We’ve also just done a study at our Beckley/Imperial Research Programme, which was the first study to use psilocybin in the treatment of depression. Participants were treatment-resistant depressives who had been unresponsive to all other forms of treatment for an average of 18 years. The immediate results were a 67% success rate, meaning that they were depression-free at the one-week follow up, and after three months 42 % of the participants were still in remission. These substances have been used as medication for millennia. It’s a very recent thing that they have become prohibited.
For a long time there was no research into the therapeutic use of psychedelics at all and recently there have been a few institutions which have been willing to take the chance. What do you think changed the situation?
There have basically been three organisations, like the Beckley Foundation, in this field, which have been pushing the research forward for the last 20 years.
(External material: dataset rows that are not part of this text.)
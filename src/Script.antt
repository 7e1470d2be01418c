-- ===== src/Script.antt =====
-- cmdscript.rs: the commands of a script and their parser. A `String` is its bytes.
pub mod Parse
pub mod Print
pub mod Total
pub mod Run
pub mod Listing
use block_rust.Base.{
  bytes, ℕ, zero, suc, Bool, true, false, not, Option, none, some, List, [], ◌∷◌, length,
  if◌then◌else◌, Outcome, ok, err, panic, expected_path, expected_batch, expected_view,
  expected_tree, expected_key, expected_value, unknown_command, Error, ◌++◌,
}
use block_rust.Base.Ord.{bytes_eq}

abbrev pub Word : Type 0
Word = List ℕ

pub data Command : Type 0 where
  write : Word → Word → Word → Command
  delete : Word → Word → Command
  delete_range : Word → Word → Word → Command
  read : Word → Word → Command
  read_assert : Word → Word → Option Word → Command
  iterate : Word → Command
  batch_open : Word → Command
  batch_write : Word → Word → Word → Word → Command
  batch_delete : Word → Word → Word → Command
  batch_delete_range : Word → Word → Word → Word → Command
  batch_push_save_point batch_pop_save_point batch_rollback_save_point : Word → Command
  batch_commit batch_abort batch_close : Word → Command
  view_open : Word → Command
  view_read : Word → Word → Word → Command
  view_iterate : Word → Word → Command
  view_close : Word → Command

-- The literals of the `match` on the next word.
pub data Keyword : Type 0 where
  separator unknown : Keyword
  the_write the_delete the_delete_range the_read the_read_assert the_iterate : Keyword
  the_batch_open the_batch_write the_batch_delete the_batch_delete_range : Keyword
  the_batch_push_save_point the_batch_pop_save_point the_batch_rollback_save_point : Keyword
  the_batch_commit the_batch_abort the_batch_close the_view_open the_view_read : Keyword
  the_view_iterate the_view_close : Keyword

unfoldable pub keyword : Word → Keyword
unfolding bytes_eq
keyword w =
    if bytes_eq w (bytes "/")
    then separator
    else if bytes_eq w (bytes "write")
    then the_write
    else if bytes_eq w (bytes "delete")
    then the_delete
    else if bytes_eq w (bytes "delete-range")
    then the_delete_range
    else if bytes_eq w (bytes "read")
    then the_read
    else if bytes_eq w (bytes "read-assert")
    then the_read_assert
    else if bytes_eq w (bytes "iterate")
    then the_iterate
    else if bytes_eq w (bytes "batch-open")
    then the_batch_open
    else if bytes_eq w (bytes "batch-write")
    then the_batch_write
    else if bytes_eq w (bytes "batch-delete")
    then the_batch_delete
    else if bytes_eq w (bytes "batch-delete-range")
    then the_batch_delete_range
    else if bytes_eq w (bytes "batch-push-save-point")
    then the_batch_push_save_point
    else if bytes_eq w (bytes "batch-pop-save-point")
    then the_batch_pop_save_point
    else if bytes_eq w (bytes "batch-rollback-save-point")
    then the_batch_rollback_save_point
    else if bytes_eq w (bytes "batch-commit")
    then the_batch_commit
    else if bytes_eq w (bytes "batch-abort")
    then the_batch_abort
    else if bytes_eq w (bytes "batch-close")
    then the_batch_close
    else if bytes_eq w (bytes "view-open")
    then the_view_open
    else if bytes_eq w (bytes "view-read")
    then the_view_read
    else if bytes_eq w (bytes "view-iterate")
    then the_view_iterate
    else if bytes_eq w (bytes "view-close")
    then the_view_close
    else unknown
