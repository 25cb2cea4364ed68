-- ===== src/Mail/Push/Gmail/Delivery.antt =====
-- What a Gmail notification enqueues, when it is delivered again too.
use mail_control.Base.{
  ℕ, ◌+◌, ◌<◌, ◌≡◌, refl, sym, ap, ◌∙◌, String, Bool, true, false, ◌||◌, not, List, [], ◌∷◌, ◌++◌,
  arith, ◌==◌, same_self, any, map, filter_by, Bool-cases, inl, inr, append_assoc, append-nil,
}
use mail_control.Base.Exec.{Result, ok, err, Result-cases}
use mail_control.Mail.Account.{MailAccount}
use mail_control.Mail.Push.Dedupe.{
  DedupeKey, gmail_push, microsoft_graph, same_key, PushState, Services, is_held, claim_key,
  delete_key, publish, is_live, SyncJob,
}
use mail_control.Mail.Push.Gmail.{job_of, key_of, push_account, push_all, PushError, broker_error}

abbrev pub same_account : MailAccount → MailAccount → Bool
same_account a b = a.id == b.id

-- No two accounts of the list have one id.
abbrev pub AreDistinct : List MailAccount → Type 0
AreDistinct [] = Unit
AreDistinct (a ∷ rest) = (any (same_account a) rest ≡ false) × AreDistinct rest

module _ (env : Services) (history_id : String) where
  abbrev pub held_at : ℕ → PushState → MailAccount → Bool
  held_at t s a = is_held t (key_of env history_id a) s

  abbrev pub held : PushState → MailAccount → Bool
  held s a = held_at env.now s a

  -- The accounts for which this notification has no key yet.
  abbrev pub fresh : PushState → List MailAccount → List MailAccount
  fresh s accounts = filter_by (λ a. not (held s a)) accounts

  -- Two states agree at any time on the keys of all accounts but one.
  abbrev pub Agrees : MailAccount → PushState → PushState → Type 0
  Agrees a s s' =
      (t : ℕ) (b : MailAccount) → same_account a b ≡ false → held_at t s' b ≡ held_at t s b

  other_key :
      (a b : MailAccount)
      → same_account a b ≡ false
      → same_key (key_of env history_id a) (key_of env history_id b) ≡ false
  unfolding same_key
  other_key a b h = ground (arith, h)

  claim-Agrees :
      (a : MailAccount) (s : PushState) → Agrees a s (claim_key env (key_of env history_id a) s).1
  unfolding claim_key
  claim-Agrees a s t b h = ground (arith, other_key a b h)

  apart :
      (k : DedupeKey) (a b : MailAccount)
      → same_account a b ≡ false
      → same_key k (key_of env history_id a) ≡ true
      → same_key k (key_of env history_id b) ≡ false
  unfolding same_key
  apart (gmail_push i h) a b d own = ground (arith, d, own)
  apart (microsoft_graph i j) a b d own = absurd (ground (arith, own))

  any_kept :
      (t : ℕ) (a b : MailAccount) (keys : List (DedupeKey × ℕ))
      → same_account a b ≡ false
      → any
          (is_live t (key_of env history_id b))
          (filter_by (λ (k, ends). not (same_key k (key_of env history_id a))) keys)
        ≡ any (is_live t (key_of env history_id b)) keys
  any_kept t a b [] h = refl
  any_kept t a b ((k, ends) ∷ keys) h = elim (Bool-cases (same_key k (key_of env history_id a))) [
    | inl own ↦ rw (own, apart k a b h own, any_kept t a b keys h) refl
    | inr other ↦ rw (other, any_kept t a b keys h) refl
  ]

  pub deleted :
      (t : ℕ) (a : MailAccount) (keys : List (DedupeKey × ℕ))
      → any
          (is_live t (key_of env history_id a))
          (filter_by (λ (k, ends). not (same_key k (key_of env history_id a))) keys)
        ≡ false
  deleted t a [] = refl
  deleted t a ((k, ends) ∷ keys) = elim (Bool-cases (same_key k (key_of env history_id a))) [
    | inl own ↦ rw (own, deleted t a keys) refl
    | inr other ↦ ground (arith, other, deleted t a keys)
  ]

  -- What one round does, by whether the account had its key and the broker takes the job.
  pub push_held :
      (a : MailAccount) (s : PushState)
      → env.redis_is_up ≡ true
      → held s a ≡ true
      → push_account env history_id a s ≡ (ok false, s)
  unfolding push_account claim_key
  push_held a s up h = rw (push_account, claim_key, up, h) refl

  abbrev pub claimed_state : MailAccount → PushState → PushState
  claimed_state a s = record s { keys = (key_of env history_id a, env.now + env.ttl) ∷ s.keys }

  pub push_taken :
      (a : MailAccount) (s : PushState)
      → env.redis_is_up ≡ true
      → held s a ≡ false
      → env.broker_takes (job_of a) ≡ true
      → push_account env history_id a s ≡ (ok true, publish (job_of a) (claimed_state a s))
  unfolding push_account claim_key
  push_taken a s up h takes = rw (push_account, claim_key, up, h, takes) refl

  pub push_refused :
      (a : MailAccount) (s : PushState)
      → env.redis_is_up ≡ true
      → held s a ≡ false
      → env.broker_takes (job_of a) ≡ false
      → push_account env history_id a s
        ≡ (err broker_error, delete_key (key_of env history_id a) (claimed_state a s))
  unfolding push_account claim_key
  push_refused a s up h refuses = rw (push_account, claim_key, up, h, refuses) refl

  pub claimed_held :
      (t : ℕ) (a : MailAccount) (s : PushState)
      → t < env.now + env.ttl
      → held_at t (claimed_state a s) a ≡ true
  unfolding same_key
  claimed_held t a s long = ground (arith, long, same_self history_id)

  pub claimed-Agrees : (a : MailAccount) (s : PushState) → Agrees a s (claimed_state a s)
  claimed-Agrees a s t b h = ground (arith, other_key a b h)

  pub refused-Agrees :
      (a : MailAccount) (s : PushState)
      → Agrees a s (delete_key (key_of env history_id a) (claimed_state a s))
  refused-Agrees a s t b h = any_kept t a b (claimed_state a s).keys h ∙ claimed-Agrees a s t b h

  same_account_sym : (a b : MailAccount) → same_account a b ≡ false → same_account b a ≡ false
  same_account_sym a b h = ground (arith, h)

  pub fresh-Agrees :
      (a : MailAccount) (s s' : PushState) (accounts : List MailAccount)
      → Agrees a s s'
      → any (same_account a) accounts ≡ false
      → fresh s' accounts ≡ fresh s accounts
  fresh-Agrees a s s' [] k h = refl
  fresh-Agrees a s s' (b ∷ rest) k h =
      let here : held s' b ≡ held s b = k env.now b (ground (arith, h)) in
      rw (here, fresh-Agrees a s s' rest k (ground (arith, h))) refl

  -- A round for another account keeps this one's key as it is.
  push_account_frame :
      (t : ℕ) (a b : MailAccount) (s : PushState)
      → env.redis_is_up ≡ true
      → same_account a b ≡ false
      → held_at t (push_account env history_id b s).1 a ≡ held_at t s a
  push_account_frame t a b s up h =
      let d = same_account_sym a b h in
      elim (Bool-cases (held s b)) [
        | inl had ↦ rw (push_held b s up had) refl
        | inr new ↦ elim (Bool-cases (env.broker_takes (job_of b))) [
          | inl takes ↦ rw (push_taken b s up new takes) (claimed-Agrees b s t a d)
          | inr refuses ↦ rw (push_refused b s up new refuses) (refused-Agrees b s t a d)
        ]
      ]

  pub push_all_frame :
      (t : ℕ) (a : MailAccount) (accounts : List MailAccount) (queued : Bool) (s : PushState)
      → env.redis_is_up ≡ true
      → any (same_account a) accounts ≡ false
      → held_at t (push_all env history_id accounts queued s).1 a ≡ held_at t s a
  unfolding push_all
  push_all_frame t a [] queued s up h = refl
  push_all_frame t a (b ∷ rest) queued s up h =
      let one = push_account_frame t a b s up (ground (arith, h)) in
      elim (Result-cases (push_account env history_id b s).0) [
        | inl (r, e) ↦
            rw (push_all, e)
              (push_all_frame t a rest (queued || r) (push_account env history_id b s).1 up
                  (ground (arith, h))
                ∙ one)
        | inr (x, e) ↦ rw (push_all, e) one
      ]

  pub push_all_step :
      (a : MailAccount) (rest : List MailAccount) (queued b : Bool) (s s' : PushState)
      → push_account env history_id a s ≡ (ok b, s')
      → push_all env history_id (a ∷ rest) queued s ≡ push_all env history_id rest (queued || b) s'
  unfolding push_all
  push_all_step a rest queued b s s' e =
      ap
        (λ r. elim r.0 as (λ _. Result PushError Bool × PushState) [
          | err x ↦ (err x, r.1)
          | ok c ↦ push_all env history_id rest (queued || c) r.1
        ])
        e

  pub push_all_stop :
      (a : MailAccount) (rest : List MailAccount) (queued : Bool) (s s' : PushState) (x : PushError)
      → push_account env history_id a s ≡ (err x, s')
      → push_all env history_id (a ∷ rest) queued s ≡ (err x, s')
  unfolding push_all
  push_all_stop a rest queued s s' x e =
      ap
        (λ r. elim r.0 as (λ _. Result PushError Bool × PushState) [
          | err y ↦ (err y, r.1)
          | ok c ↦ push_all env history_id rest (queued || c) r.1
        ])
        e

  pub publish_first :
      (jobs : List SyncJob) (j : SyncJob) (more : List SyncJob)
      → (jobs ++ j ∷ []) ++ more ≡ jobs ++ j ∷ more
  publish_first jobs j more = append_assoc jobs (j ∷ []) more

  -- With a broker that takes every job, all accounts without the key get one.
  pub push_all_taken :
      (accounts : List MailAccount) (queued : Bool) (s : PushState)
      → env.redis_is_up ≡ true
      → ((j : SyncJob) → env.broker_takes j ≡ true)
      → AreDistinct accounts
      → (push_all env history_id accounts queued s).1.published
        ≡ s.published ++ map job_of (fresh s accounts)
  unfolding push_all
  push_all_taken [] queued s up takes d = sym (append-nil s.published)
  push_all_taken (a ∷ rest) queued s up takes d = elim (Bool-cases (held s a)) [
    | inl had ↦
        ap (λ r. r.1.published) (push_all_step a rest queued false s s (push_held a s up had))
        ∙ rw had (push_all_taken rest _ s up takes d.1)
    | inr new ↦
        let s' = publish (job_of a) (claimed_state a s) in
        ap (λ r. r.1.published)
          (push_all_step a rest queued true s s' (push_taken a s up new (takes (job_of a))))
        ∙ push_all_taken rest _ s' up takes d.1
        ∙ ap (λ bs. s'.published ++ map job_of bs)
            (fresh-Agrees a s s' rest (claimed-Agrees a s) d.0)
        ∙ rw new (publish_first s.published (job_of a) (map job_of (fresh s rest)))
  ]
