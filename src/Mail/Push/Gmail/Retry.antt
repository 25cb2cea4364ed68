-- ===== src/Mail/Push/Gmail/Retry.antt =====
-- A Gmail notification that is delivered again.
use mail_control.Base.{
  ℕ, ◌+◌, ◌<◌, ◌≡◌, refl, ap, ◌∙◌, sym, String, Bool, true, false, ◌||◌, List, [], ◌∷◌, ◌++◌, map,
  any, All, arith, append-nil, Bool-cases, inl, inr,
}
use mail_control.Mail.Account.{MailAccount}
use mail_control.Mail.Push.Dedupe.{PushState, Services, delete_key, publish}
use mail_control.Mail.Push.Gmail.{job_of, key_of, push_all, broker_error}
use mail_control.Mail.Push.Gmail.Delivery.{
  AreDistinct, held, held_at, Agrees, same_account, fresh, push_held, push_taken, push_refused,
  claimed_state, claimed_held, claimed-Agrees, refused-Agrees, fresh-Agrees, push_all_frame,
  push_all_step, push_all_stop, publish_first, push_all_taken, deleted,
}

-- The services at another time, when the broker takes every job.
abbrev pub recovered : ℕ → Services → Services
recovered later env = record env { now = later; broker_takes = λ j. true }

module _ (env : Services) (history_id : String) (later : ℕ) (up : env.redis_is_up ≡ true)
    (soon : later < env.now + env.ttl) where
  -- The accounts have the same keys at both times.
  abbrev pub Stays : PushState → List MailAccount → Type 0
  Stays s accounts = All (λ a. held_at env history_id later s a ≡ held env history_id s a) accounts

  Stays-Agrees :
      (a : MailAccount) (s s' : PushState) (accounts : List MailAccount)
      → Agrees env history_id a s s'
      → any (same_account a) accounts ≡ false
      → Stays s accounts
      → Stays s' accounts
  Stays-Agrees a s s' [] k d h = tt
  Stays-Agrees a s s' (b ∷ rest) k d h =
      let apart : same_account a b ≡ false = ground (arith, d) in
      (
        k later b apart ∙ h.0 ∙ sym (k env.now b apart),
        Stays-Agrees a s s' rest k (ground (arith, d)) h.1,
      )

  fresh-Stays :
      (s : PushState) (accounts : List MailAccount)
      → Stays s accounts
      → fresh (recovered later env) history_id s accounts ≡ fresh env history_id s accounts
  fresh-Stays s [] h = refl
  fresh-Stays s (a ∷ rest) h = rw (h.0, fresh-Stays s rest h.1) refl

  -- The first delivery gave the account its key, or it had it: the second one passes over it.
  passes_over :
      (a : MailAccount) (rest : List MailAccount) (queued' : Bool) (s1 : PushState)
      → held_at env history_id later s1 a ≡ true
      → push_all (recovered later env) history_id (a ∷ rest) queued' s1
        ≡ push_all (recovered later env) history_id rest (queued' || false) s1
  passes_over a rest queued' s1 h =
      push_all_step (recovered later env) history_id a rest queued' false s1 s1
        (push_held (recovered later env) history_id a s1 up h)

  -- While Redis answers: a notification is delivered, and delivered again before the keys of the
  -- first delivery end, while no key that an account had before ends between the two. Whichever
  -- jobs the broker refuses at the first delivery, when it takes all of them at the second, the two
  -- together publish one job for each account that had no key before, in order, and none for the
  -- others.
  pub push_again :
      (accounts : List MailAccount) (s : PushState)
      → AreDistinct accounts
      → Stays s accounts
      → (queued queued' : Bool)
      → (push_all
          (recovered later env)
          history_id
          accounts
          queued'
          (push_all env history_id accounts queued s).1).1.published
        ≡ s.published ++ map job_of (fresh env history_id s accounts)
  unfolding push_all
  push_again [] s d stay queued queued' = sym (append-nil s.published)
  push_again (a ∷ rest) s d stay queued queued' = elim (Bool-cases (held env history_id s a)) [
    | inl had ↦
        let step =
          push_all_step env history_id a rest queued false s s
            (push_held env history_id a s up had) in
        rw step (
          let s1 = (push_all env history_id rest (queued || false) s).1 in
          let kept =
            push_all_frame env history_id later a rest (queued || false) s up d.0 ∙ stay.0 ∙ had in
          ap (λ r. r.1.published) (passes_over a rest queued' s1 kept)
          ∙ push_again rest s d.1 stay.1 (queued || false) (queued' || false)
          ∙ rw had refl)
    | inr new ↦ elim (Bool-cases (env.broker_takes (job_of a))) [
      | inl takes ↦
          let s' = publish (job_of a) (claimed_state env history_id a s) in
          let step =
            push_all_step env history_id a rest queued true s s'
              (push_taken env history_id a s up new takes) in
          let stay' = Stays-Agrees a s s' rest (claimed-Agrees env history_id a s) d.0 stay.1 in
          rw step (
            let s1 = (push_all env history_id rest (queued || true) s').1 in
            let kept =
              push_all_frame env history_id later a rest (queued || true) s' up d.0
              ∙ claimed_held env history_id later a s soon in
            ap (λ r. r.1.published) (passes_over a rest queued' s1 kept)
            ∙ push_again rest s' d.1 stay' (queued || true) (queued' || false)
            ∙ ap (λ bs. s'.published ++ map job_of bs)
                (fresh-Agrees env history_id a s s' rest (claimed-Agrees env history_id a s) d.0)
            ∙ rw new (
                publish_first env history_id s.published (job_of a)
                  (map job_of (fresh env history_id s rest))))
      | inr refuses ↦
          let s' = delete_key (key_of env history_id a) (claimed_state env history_id a s) in
          let stop =
            push_all_stop env history_id a rest queued s s' broker_error
              (push_refused env history_id a s up new refuses) in
          let same_fresh : fresh (recovered later env) history_id s' rest
              ≡ fresh env history_id s rest =
            fresh-Agrees (recovered later env) history_id a s s' rest
              (refused-Agrees env history_id a s) d.0
            ∙ fresh-Stays s rest stay.1 in
          rw stop (
            push_all_taken (recovered later env) history_id (a ∷ rest) queued' s' up (λ j. refl) d
            ∙ rw (deleted env history_id later a (claimed_state env history_id a s).keys, new)
                (ap (λ bs. s.published ++ job_of a ∷ map job_of bs) same_fresh))
    ]
  ]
Actually, I’ve been pushing for it since 1966, an amazing 50 years.
I started the Beckley Foundation in 1998, and there are two other institutions called the Heffter Institute and MAPS [the Multidisciplinary Association for Psychedelic Studies]. Between us, MAPS is doing MDMA and post-traumatic stress disorder, Heffter has concentrated mainly on psilocybin and is involved in these current studies. At the Beckley Foundation, I cast the net very wide, because my interest is in the phenomenon of consciousness and its altered states. These altered states can be amazingly beneficial to the individual, both in healing and in transformational insights.
Society as a whole would benefit from understanding the potential benefits, instead of criminalising the use of these substances. I would like to reintegrate them into the fabric of modern society, both in the medical field and for psychological transformation and healing. Responsible use of these compounds in a safe setting could give back to our rather ‘lost’ society a new sense of meaning and purpose.
There are all sorts of ways these substances can be used beneficially: to help heal conditions like depression, anxiety and addiction, and also to help enhance consciousness, compassion and insight. I am in favour of having clinics, where psychedelic-assisted psychotherapy can be provided by professionals.